# Work instruction:
This exercise asks for every line of the material that includes the word "unread".
%%
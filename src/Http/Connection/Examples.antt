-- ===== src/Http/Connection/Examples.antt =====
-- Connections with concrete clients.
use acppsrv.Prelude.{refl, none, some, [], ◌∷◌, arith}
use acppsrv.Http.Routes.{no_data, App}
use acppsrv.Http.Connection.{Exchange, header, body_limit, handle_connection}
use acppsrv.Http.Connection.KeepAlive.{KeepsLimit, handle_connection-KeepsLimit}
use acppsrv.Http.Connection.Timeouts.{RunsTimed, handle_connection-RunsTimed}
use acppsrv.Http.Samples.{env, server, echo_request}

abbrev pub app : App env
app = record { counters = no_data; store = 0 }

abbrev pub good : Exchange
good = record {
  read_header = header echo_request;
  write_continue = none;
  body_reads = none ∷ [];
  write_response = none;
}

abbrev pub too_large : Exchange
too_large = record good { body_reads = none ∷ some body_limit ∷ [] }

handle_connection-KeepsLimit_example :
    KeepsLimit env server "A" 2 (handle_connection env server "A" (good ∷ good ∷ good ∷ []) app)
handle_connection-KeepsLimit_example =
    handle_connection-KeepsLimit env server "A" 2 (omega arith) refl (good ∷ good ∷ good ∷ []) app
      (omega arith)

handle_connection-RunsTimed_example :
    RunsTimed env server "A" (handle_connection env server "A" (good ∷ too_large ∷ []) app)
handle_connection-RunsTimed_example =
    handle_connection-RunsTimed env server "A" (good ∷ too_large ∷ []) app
%%
%%
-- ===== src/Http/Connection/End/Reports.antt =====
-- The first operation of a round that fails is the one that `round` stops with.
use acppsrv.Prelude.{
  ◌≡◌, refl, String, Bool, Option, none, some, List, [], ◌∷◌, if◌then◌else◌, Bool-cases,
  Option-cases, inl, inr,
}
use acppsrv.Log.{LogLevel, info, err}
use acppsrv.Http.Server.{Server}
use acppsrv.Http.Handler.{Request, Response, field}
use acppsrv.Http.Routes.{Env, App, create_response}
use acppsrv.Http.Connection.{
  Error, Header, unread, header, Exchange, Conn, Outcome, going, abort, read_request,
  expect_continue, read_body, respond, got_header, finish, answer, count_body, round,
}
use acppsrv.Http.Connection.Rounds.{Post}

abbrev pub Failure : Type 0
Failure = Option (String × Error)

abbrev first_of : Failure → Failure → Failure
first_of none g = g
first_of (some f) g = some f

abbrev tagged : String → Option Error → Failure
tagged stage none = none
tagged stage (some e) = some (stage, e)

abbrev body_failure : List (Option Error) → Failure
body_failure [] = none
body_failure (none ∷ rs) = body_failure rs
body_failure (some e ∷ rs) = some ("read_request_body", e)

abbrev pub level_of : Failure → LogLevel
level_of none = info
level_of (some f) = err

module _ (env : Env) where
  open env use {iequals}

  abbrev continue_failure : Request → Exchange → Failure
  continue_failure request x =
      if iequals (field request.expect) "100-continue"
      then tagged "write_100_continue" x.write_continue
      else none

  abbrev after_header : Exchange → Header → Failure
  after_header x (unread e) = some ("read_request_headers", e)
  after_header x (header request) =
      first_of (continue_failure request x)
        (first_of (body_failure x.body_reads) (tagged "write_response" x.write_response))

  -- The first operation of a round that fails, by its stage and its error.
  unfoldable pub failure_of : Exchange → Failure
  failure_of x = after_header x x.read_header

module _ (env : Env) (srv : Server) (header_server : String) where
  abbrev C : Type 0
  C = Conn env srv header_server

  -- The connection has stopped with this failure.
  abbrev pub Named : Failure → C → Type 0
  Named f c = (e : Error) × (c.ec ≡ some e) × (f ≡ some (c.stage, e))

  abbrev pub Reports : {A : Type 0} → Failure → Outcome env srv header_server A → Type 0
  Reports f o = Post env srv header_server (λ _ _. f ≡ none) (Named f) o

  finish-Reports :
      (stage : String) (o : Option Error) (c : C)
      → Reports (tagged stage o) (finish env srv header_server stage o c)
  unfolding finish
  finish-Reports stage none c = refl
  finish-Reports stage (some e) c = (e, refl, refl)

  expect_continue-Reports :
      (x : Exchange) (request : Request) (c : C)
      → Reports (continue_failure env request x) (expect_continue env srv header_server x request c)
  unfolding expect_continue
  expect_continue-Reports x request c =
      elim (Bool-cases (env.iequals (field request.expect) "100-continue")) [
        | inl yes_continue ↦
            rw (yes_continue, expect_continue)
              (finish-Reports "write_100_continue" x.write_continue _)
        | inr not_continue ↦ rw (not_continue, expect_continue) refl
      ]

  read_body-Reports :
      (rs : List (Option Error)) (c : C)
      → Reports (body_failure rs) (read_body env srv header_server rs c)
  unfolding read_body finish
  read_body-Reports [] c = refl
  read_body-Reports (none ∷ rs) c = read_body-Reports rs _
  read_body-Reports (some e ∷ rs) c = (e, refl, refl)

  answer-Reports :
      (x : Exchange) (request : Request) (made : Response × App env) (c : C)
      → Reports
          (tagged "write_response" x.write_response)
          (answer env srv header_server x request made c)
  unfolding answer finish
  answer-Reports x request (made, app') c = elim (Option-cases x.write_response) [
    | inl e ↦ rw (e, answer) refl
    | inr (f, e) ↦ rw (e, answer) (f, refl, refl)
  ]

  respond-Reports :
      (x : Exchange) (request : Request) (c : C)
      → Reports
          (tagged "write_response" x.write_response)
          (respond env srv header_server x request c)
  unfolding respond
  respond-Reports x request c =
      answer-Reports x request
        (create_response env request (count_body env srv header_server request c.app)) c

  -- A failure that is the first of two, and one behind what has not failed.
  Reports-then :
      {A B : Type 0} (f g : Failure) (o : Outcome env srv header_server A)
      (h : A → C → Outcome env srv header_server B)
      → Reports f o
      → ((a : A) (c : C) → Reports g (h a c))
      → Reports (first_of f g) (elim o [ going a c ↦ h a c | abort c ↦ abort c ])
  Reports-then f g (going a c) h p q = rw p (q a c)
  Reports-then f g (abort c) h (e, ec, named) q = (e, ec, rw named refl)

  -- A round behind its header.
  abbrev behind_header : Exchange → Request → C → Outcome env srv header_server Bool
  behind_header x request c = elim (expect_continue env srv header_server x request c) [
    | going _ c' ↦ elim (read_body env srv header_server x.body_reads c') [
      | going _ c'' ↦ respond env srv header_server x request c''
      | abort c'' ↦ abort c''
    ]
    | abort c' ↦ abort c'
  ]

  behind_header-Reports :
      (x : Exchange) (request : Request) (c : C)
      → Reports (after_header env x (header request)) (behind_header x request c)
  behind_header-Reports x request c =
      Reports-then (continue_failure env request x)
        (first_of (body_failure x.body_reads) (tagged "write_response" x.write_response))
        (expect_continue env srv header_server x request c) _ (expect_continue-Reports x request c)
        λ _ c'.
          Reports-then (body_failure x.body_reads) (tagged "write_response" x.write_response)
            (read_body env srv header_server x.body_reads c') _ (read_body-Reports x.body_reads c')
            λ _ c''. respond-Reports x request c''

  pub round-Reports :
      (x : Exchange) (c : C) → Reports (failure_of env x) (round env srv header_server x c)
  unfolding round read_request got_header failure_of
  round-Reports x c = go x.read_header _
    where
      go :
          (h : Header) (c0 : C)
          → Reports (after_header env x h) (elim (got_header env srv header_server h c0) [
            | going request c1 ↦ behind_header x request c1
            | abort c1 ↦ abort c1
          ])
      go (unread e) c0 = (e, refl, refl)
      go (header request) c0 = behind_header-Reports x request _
%%
# Reply:
  Error, Header, unread, header, Exchange, Conn, Outcome, going, abort, read_request,
  after_header x (unread e) = some ("read_request_headers", e)
      go (unread e) c0 = (e, refl, refl)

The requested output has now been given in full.